→ **Dataset excerpts**:
-- ===== src/Agent.antt =====
-- internal/agent: the investigation loop. It reads through a broker and reasons through a model,
-- both parameters of the loop.
pub mod Model
pub mod Types
pub mod Findings
pub mod Prompt
pub mod State
pub mod Loop
pub mod Spec
pub mod Valid
pub mod Ranking
pub mod Ceiling
pub mod Gate
pub mod Admission
pub mod Bounds
pub mod Metered
pub mod Endings
pub mod Outcome
pub mod Texts
pub mod Scripted
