-- ===== src/Json.antt =====
-- What the code uses of encoding/json. A json.RawMessage carries, beside its bytes, what the
-- decoder reads in them: nothing, a syntax error, or a first value and whether more follows.
pub mod Print
use kube_cure.Prelude.{
  ℕ, ◌+◌, ℤ, pos, negsuc, Bool, true, false, ◌&&◌, Option, List, [], ◌∷◌, ◌++◌, leb, ltb, ◌==◌,
  if◌then◌else◌,
}
use kube_cure.Text.{Text, codes, quote}

mutual
  pub data Json : Type 0 where
    null : Json
    boolean : Bool → Json
    integer : ℤ → Json
    fraction : Json
    string : Text → Json
    array : Items → Json
    object : Fields → Json

  pub data Items : Type 0 where
    no_items : Items
    item : Json → Items → Items

  pub data Fields : Type 0 where
    no_fields : Fields
    field : Text → Json → Fields → Fields

pub data Parsed : Type 0 where
  blank : Parsed
  malformed : Parsed
  value : Json → Bool → Parsed

-- `compacted` is what json.Compact makes of the bytes, `none` if it fails.
pub record RawMessage : Type 0 where
  pub bytes : Text
  pub compacted : Option Text
  pub parsed : Parsed

pub data JsonError : Type 0 where
  syntax_error type_mismatch : JsonError
  unknown_field : Text → JsonError

pub data Decoded {ℓ} (A : Type ℓ) : Type ℓ where
  decoded : A → Decoded A
  invalid : JsonError → Decoded A

infixl 5 ◌>>=◌
abbrev pub ◌>>=◌ {ℓ κ} : {A : Type ℓ} {B : Type κ} → Decoded A → (A → Decoded B) → Decoded B
decoded a >>= f = f a
invalid e >>= f = invalid e

abbrev fold : ℕ → ℕ
fold c = if leb 65 c && leb c 90 then c + 32 else c

-- Keys are matched without regard to case.
unfoldable pub same_key : Text → Text → Bool
same_key [] [] = true
same_key (a ∷ s) (b ∷ t) = fold a == fold b && same_key s t
same_key _ _ = false

-- A null leaves the value that is there.
unfoldable pub decode_string : Json → Text → Decoded Text
decode_string null old = decoded old
decode_string (string s) old = decoded s
decode_string _ old = invalid type_mismatch

unfoldable pub decode_bool : Json → Bool → Decoded Bool
decode_bool null old = decoded old
decode_bool (boolean b) old = decoded b
decode_bool _ old = invalid type_mismatch

-- A number outside int64 does not fit.
unfoldable pub decode_int : Json → ℤ → Decoded ℤ
decode_int null old = decoded old
decode_int (integer (pos n)) old =
    if ltb n 9223372036854775808 then decoded (pos n) else invalid type_mismatch
decode_int (integer (negsuc n)) old =
    if ltb n 9223372036854775808 then decoded (negsuc n) else invalid type_mismatch
decode_int _ old = invalid type_mismatch

module _ {ℓ} {A : Type ℓ} where
  unfoldable pub decode_fields : (Text → Json → A → Decoded A) → Fields → A → Decoded A
  decode_fields assign no_fields old = decoded old
  decode_fields assign (field key v rest) old = elim (assign key v old) [
    | decoded a ↦ decode_fields assign rest a
    | invalid e ↦ invalid e
  ]

  -- A struct, by what each key assigns.
  unfoldable pub decode_struct : (Text → Json → A → Decoded A) → Json → A → Decoded A
  unfolding decode_fields
  decode_struct assign null old = decoded old
  decode_struct assign (object fields) old = decode_fields assign fields old
  decode_struct assign _ old = invalid type_mismatch

  decode_items : (Json → Decoded A) → Items → Decoded (List A)
  decode_items one no_items = decoded []
  decode_items one (item j rest) = do a ← one j; as' ← decode_items one rest; decoded (a ∷ as')

  -- A slice; a null makes it nil.
  unfoldable pub decode_slice : (Json → Decoded A) → Json → Decoded (List A)
  unfolding decode_items
  decode_slice one null = decoded []
  decode_slice one (array items) = decode_items one items
  decode_slice one _ = invalid type_mismatch

  -- `json.NewDecoder(...).Decode(&v)`: the first value; what follows is not read.
  unfoldable pub decode_first : (Json → A → Decoded A) → RawMessage → A → Decoded A
  decode_first into raw zero_value = elim raw.parsed [
    | blank ↦ invalid syntax_error
    | malformed ↦ invalid syntax_error
    | value j more ↦ into j zero_value
  ]

unfoldable pub json_error_text : JsonError → Text
json_error_text syntax_error = codes "syntax error"
json_error_text type_mismatch = codes "json: cannot unmarshal"
json_error_text (unknown_field key) = codes "json: unknown field " ++ quote key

→ **What this task involves**: Give again exactly, and only, the lines above starting at the one with "pub bytes : Text" and ending at the one with "decode_int null old = decoded old".

→ **Reply to the exercise**:
  pub bytes : Text
  pub compacted : Option Text
  pub parsed : Parsed

pub data JsonError : Type 0 where
  syntax_error type_mismatch : JsonError
  unknown_field : Text → JsonError

pub data Decoded {ℓ} (A : Type ℓ) : Type ℓ where
  decoded : A → Decoded A
  invalid : JsonError → Decoded A

infixl 5 ◌>>=◌
abbrev pub ◌>>=◌ {ℓ κ} : {A : Type ℓ} {B : Type κ} → Decoded A → (A → Decoded B) → Decoded B
decoded a >>= f = f a
invalid e >>= f = invalid e

abbrev fold : ℕ → ℕ
fold c = if leb 65 c && leb c 90 then c + 32 else c

-- Keys are matched without regard to case.
unfoldable pub same_key : Text → Text → Bool
same_key [] [] = true
same_key (a ∷ s) (b ∷ t) = fold a == fold b && same_key s t
same_key _ _ = false

-- A null leaves the value that is there.
unfoldable pub decode_string : Json → Text → Decoded Text
decode_string null old = decoded old
decode_string (string s) old = decoded s
decode_string _ old = invalid type_mismatch

unfoldable pub decode_bool : Json → Bool → Decoded Bool
decode_bool null old = decoded old
decode_bool (boolean b) old = decoded b
decode_bool _ old = invalid type_mismatch

-- A number outside int64 does not fit.
unfoldable pub decode_int : Json → ℤ → Decoded ℤ
decode_int null old = decoded old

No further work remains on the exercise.